Mary is very different to some of the other women named in Jesus’s family tree in Matthew 1:1-17. They are adulterers and prostitutes, but she is a faithful virgin. Yet this does not mean that Mary herself was sinless: she needed saving as much as every son of Adam and daughter of Eve, which is why she says “My soul magnifies the Lord, and my spirit rejoices in God my Saviour” (Luke 1:47). Jesus’s perfect human nature comes from a long line of people who proved to be fragile, fallen, and fallible; but this is precisely why he is given the name Jesus, “for he will save his people from their sins” (Matthew 1:21). Despite our sin, we too can be his people, if we trust in God’s gracious word as Mary did.
Questions for reflection:
1. What parts of Jesus’s life only really make sense if he is more than a mere man?
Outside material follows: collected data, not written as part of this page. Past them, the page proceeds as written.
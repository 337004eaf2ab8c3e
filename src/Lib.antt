-- ===== src/Lib.antt =====
-- Verification of Full-Duplex Radio: the portable core, the C++ library under core/, and the session
-- of the Android application that puts it to work.
--
-- The core carries voice between two devices over UDP. A packet arrives as bytes and is checked by
-- the wire format; its sequence number is classified by the sequence tracker, which counts losses,
-- and its frame is kept by the reorder queue of the jitter buffer, which plays the frames at their
-- time on the local timeline and fills the holes with its decoder. Rings carry the samples between
-- the audio thread and the rest. The prober sends pings on the pacer's schedule, matches the replies,
-- and feeds their four timestamps to the clock estimate, which keeps its round-trip times in a
-- histogram. The session cuts the captured samples into frames, encodes and sends them, sorts the
-- datagrams that arrive, and feeds the jitter buffer from the audio callback.
--
-- The files, and the code that they model:
--   Prelude        shared names, Boolean tests, lists, signed integers, the laws of bits, and the places
--                  of a ring
--   Serial         core/include/radio/serial.hpp: distance, precedes, precedes_or_equal, max (later)
--   Bytes          core/include/radio/bytes.hpp: loads and stores of both byte orders
--   Proto          core/include/radio/proto.hpp, core/src/proto/proto.cpp: the packets, parse_media,
--                  parse_control, parse_pong_body, peek_type and the encoders
--   SeqTracker     core/include/radio/seq_tracker.hpp, core/src/metrics/seq_tracker.cpp: observe,
--                  expected, lost; SeqTracker/Ideal is the tracker without wrap that it refines
--   ReorderQueue   core/include/radio/reorder_queue.hpp, core/src/audio/reorder_queue.cpp: start,
--                  resync, reset and insert; ReorderQueue/Consume has peek, advance, skip_to,
--                  drop_expired and depth; ReorderQueue/Valid has the invariant
--   Clock          core/include/radio/clock.hpp: the conversions between microseconds and samples
--   OpusCodec      core/include/radio/opus_codec.hpp, core/src/audio/opus_codec.cpp: the decoder, and
--                  in OpusCodec/Encoder the encoder, around libopus, which is a parameter
--                  (DecoderLibrary, EncoderLibrary); OpusCodec/Contract has what libopus promises
--   JitterBuffer   core/include/radio/jitter_buffer.hpp, core/src/audio/jitter_buffer.cpp: open,
--                  close, reset_stream and the deadlines; JitterBuffer/Push has push,
--                  JitterBuffer/Pull has pull, cut into the functions of its branches
--   Pacer          core/include/radio/pacer.hpp, core/src/net/pacer.cpp
--   Histogram      core/include/radio/histogram.hpp, core/src/metrics/histogram.cpp: the buckets,
--                  record (record_value), merge, min and max (min_of, max_of)
--   ClockSync      core/include/radio/clock_sync.hpp, core/src/time/clock_sync.cpp
--   Prober         core/include/radio/prober.hpp, core/src/net/prober.cpp
--   SpscRing       core/include/radio/spsc_ring.hpp: push, pop, their bulk forms, discard and reset,
--                  one operation at a time; SpscRing/Refine has the bounded queue it is compared with
--   Trace          core/include/radio/trace.hpp, core/src/metrics/trace.cpp: the trace records and
--                  the buffer of the last of them (record is add_record, operator[] is item)
--   Wav            core/include/radio/wav.hpp, core/src/audio/wav.cpp: read_wav, write_wav
--                  and downmix_to_mono over the bytes of a file
--   Floats         the arithmetic of doubles, as a parameter
--   JitterEstimator core/include/radio/jitter_estimator.hpp, core/src/metrics/jitter_estimator.cpp
--   Impairment     core/include/radio/impairment.hpp, core/src/sim/impairment.cpp: the simulated
--                  network; Impairment/Draw has the draws, and Impairment/Decide has decide
--   Session        android/app/src/main/cpp/session.hpp and session.cpp, where the core is put to
--                  work: Session/Transmit has on_capture and transmit_available, Session/Receive has
--                  receive_available and the prober's part of a round, Session/Playout has on_playout
--
-- A class is a record of its fields, and a method a function from the record to the new record and
-- its result. Machine words are native numbers with the wrap written out; uint64_t counters are
-- modulo 2^64. int32_t and int64_t results are integers; where the code computes timestamps in
-- int64_t, whose overflow is undefined, the integers are unbounded. A buffer is the list of its
-- bytes or samples: a load past its end gives the parameter `oob`, and a store past its end does
-- nothing. An `OpusDecoder*` is an optional state. What is not code of the repository is a record of
-- functions that the definitions take: libopus, the doubles, and the platform of the session, which
-- is its clock, its entropy and its socket. The threads of the session meet in its two rings and
-- the talk switch; an operation of one thread runs with none of another thread in between.
--
-- The loops that run on fuel: clearing the window of the sequence tracker has the window size of 1024
-- slots, and runs only for spans below that size; the walk over the chunks of a WAV file has the
-- length of the file, and each round moves on by eight bytes or more; the loops of on_playout have
-- a round for each datagram and for each sample, and those of transmit_available and
-- receive_available a round for each frame captured and, as an argument, for each datagram that
-- waits, and one more. All other loops are structural.
--
-- Not modelled: floating-point results (loss_fraction, mean, percentile, snapshot, drift_ppm) and
-- to_string labels; the memory orders of the ring; the CSV and JSON writers of the traces; libopus
-- itself; the moves of an encoder or decoder to another object; sockets, addresses and the system
-- clock; the tools under tools/; start, stop and snapshot of the session and the counters that it
-- only publishes; the audio engine and the JNI bridge of the Android application.
pub mod Prelude
pub mod Serial
pub mod Bytes
pub mod Proto
pub mod SeqTracker
pub mod ReorderQueue
pub mod Pacer
pub mod Floats
pub mod Histogram
pub mod ClockSync
pub mod Prober
pub mod Clock
pub mod OpusCodec
pub mod JitterBuffer
pub mod JitterEstimator
pub mod Impairment
pub mod Session
pub mod SpscRing
pub mod Trace
pub mod Wav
2. How does Mary’s faith inspire you to act on the promises of God which you find most difficult to believe?
3. Why should it be an encouragement to us that Jesus was born into a sinful family tree as part of a sinful nation who were at the time experiencing oppression and difficulty?
Prayer: Almighty God, who gave us your only Son to take our nature upon him and to be born of a pure virgin: grant that we, who are born again in him and made your children by adoption and grace, may daily be renewed by your Holy Spirit and learn to trust every one of your promises. In Jesus’s name we pray. Amen.